File writing in a variety of formats some of which include: cif, sdf, pdb, mol, mol2 and many others
Ability to recognize and expand libraries of compounds some of which include halogens, acyl halides, aldehydes.
Ability to enumerate in 1D, and 2D structures and produce those compounds.
Supports Python versions 3.3+.
Released under the MPL license.
User guide¶
A step-by-step guide to getting started with Cocktail Shaker.
Installation¶
cocktail-shaker supports Python versions 3.3+. Pyhton’s required dependencies, most notably RDKit, must be installed.
Dependencies can be located in either setup.py, requirements.txt, or a pdf generated graph of the cocktail shaker dependency.
Option 1 (Recommended): Use Pip¶
The easiest way to install cocktail-shaker is using pip:
pip install cocktail_shaker
This will download the latest version of cocktail-shaker and place it in your site-packages folder so it is automatically available to all your Python scripts.

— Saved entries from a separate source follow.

-- ===== src/Security/Registry.antt =====
-- security.py: the registry of published host ports, shared by all projects of the host.
pub mod Holders
pub mod Contested
use derico_sandbox.FilePath.{name}
use derico_sandbox.Platform.{Platform}
use derico_sandbox.Config.Project.{instance_name, ProjectConfig, project_key}
use derico_sandbox.Errors.{
  Result, err, ok, port_taken, security_error, unreadable_registry, unsupported_registry, ◌>>=◌,
  ◌>>◌,
}
use derico_sandbox.Prelude.{
  List, Option, String, [], contains, if◌then◌else◌, is_empty, nat_Eq, none, not, select, some,
  string_Eq, ℕ, ◌&&◌, ◌==◌, ◌∷◌,
}
use derico_sandbox.Prelude.Decimal.{show}
use mathlib.Core.List.{foldl}
use derico_sandbox.Prelude.Dict.{Dict, get, put, remove, keys}
use derico_sandbox.Config.Ports.{PortMapping}

pub record Owner : Type 0 where
  pub project : String
  pub instance_name : String
  pub guest : ℕ

-- By port, written in decimal as in the file.
abbrev pub Registry : Type 0
Registry = Dict String Owner

pub data RegistryFile : Type 0 where
  missing unreadable unsupported : RegistryFile
  stored : Registry → RegistryFile

-- `_load_registry`
unfoldable pub load_registry : RegistryFile → Result Registry
load_registry missing = ok []
load_registry unreadable = err (security_error unreadable_registry)
load_registry unsupported = err (security_error unsupported_registry)
load_registry (stored ports) = ok ports

-- `owner is not None and owner.get("project") != project_key`
unfoldable pub foreign_owner : Registry → String → PortMapping → Option Owner
foreign_owner ports key mapping = elim (get ports (show mapping.host)) [
  | some owner ↦ if owner.project == key then none else some owner
  | none ↦ none
]

-- The loop that refuses the port of another project.
unfoldable pub check_owners : Registry → String → List PortMapping → Result (Unit {0})
check_owners ports key [] = ok tt
check_owners ports key (m ∷ ms) = elim (foreign_owner ports key m) [
  | some owner ↦ err (security_error (port_taken m.host owner.project owner.guest))
  | none ↦ check_owners ports key ms
]

-- `{str(mapping.host): mapping for mapping in mappings}`
unfoldable pub wanted_ports : List PortMapping → Dict String PortMapping → Dict String PortMapping
wanted_ports [] wanted = wanted
wanted_ports (m ∷ ms) wanted = wanted_ports ms (put wanted (show m.host) m)

-- The ports that the project holds and does not want any more.
unfoldable pub stale_ports : Registry → String → Dict String PortMapping → List String
stale_ports ports key wanted =
    select (λ e. e.1.project == key && not (contains (keys wanted) e.0)) (λ e. e.0) ports

unfoldable pub delete_ports : Registry → List String → Registry
delete_ports ports [] = ports
delete_ports ports (p ∷ ps) = delete_ports (remove ports p) ps

unfoldable pub claim_ports : Registry → String → String → Dict String PortMapping → Registry
claim_ports ports key instance_name [] = ports
claim_ports ports key instance_name ((p, m) ∷ wanted) =
    claim_ports
      (put ports p (record { project = key; instance_name = instance_name; guest = m.guest })) key
      instance_name wanted

-- The registry after a claim that is not refused.
unfoldable pub claimed : Registry → String → String → List PortMapping → Registry
claimed ports key instance_name mappings =
    let wanted = wanted_ports mappings [] in
    claim_ports (delete_ports ports (stale_ports ports key wanted)) key instance_name wanted

-- The VM's name, which is read once for each port that is claimed.
unfoldable pub claimant : Platform → ProjectConfig → List PortMapping → Result String
claimant platform config [] = ok ""
claimant platform config (m ∷ ms) = instance_name platform config

-- `claim_host_ports`
unfoldable pub claim_host_ports :
    Platform → ProjectConfig → List PortMapping → RegistryFile → Result (Unit {0}) × RegistryFile
claim_host_ports platform config mappings file =
    let key = project_key config in
    let outcome : Result Registry = do
      ports ← load_registry file
      check_owners ports key mappings
      name ← claimant platform config mappings
      ok (claimed ports key name mappings)
    in elim outcome [ ok ports ↦ (ok tt, stored ports) | err e ↦ (err e, file) ]

pub owned_ports : Registry → String → List String
owned_ports ports key = select (λ e. e.1.project == key) (λ e. e.0) ports

-- `release_host_ports`
unfoldable pub release_host_ports : ProjectConfig → RegistryFile → Result (Unit {0}) × RegistryFile
release_host_ports config file = elim (load_registry file) [
  | err e ↦ (err e, file)
  | ok ports ↦
      let owned = owned_ports ports (project_key config) in
      (ok tt, if is_empty owned then file else stored (delete_ports ports owned))
]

If you do not have pip installed yet, you can install it using get-pip.py:
curl -O https://raw.github.com/pypa/pip/master/contrib/get-pip.py
python get-pip.py
Option 2: Download the Latest Release¶
Alternatively, you can get cocktail-shaker by manually download the latest release and installing it yourself:
tar -xzvf cocktail_shaker-1.1.6tar.gz
cd cocktail_shaker-1.0.0
python setup.py install
The setup.py command will install cocktail-shaker in your site-packages folder so it is automatically available to all your Python scripts.
Option 3: Clone the Repository¶
Lastly, the latest development version of cocktail-shaker is always available on GitHub. The version on GitHub is not guaranteed to be stable, but may include new features that have not yet been released.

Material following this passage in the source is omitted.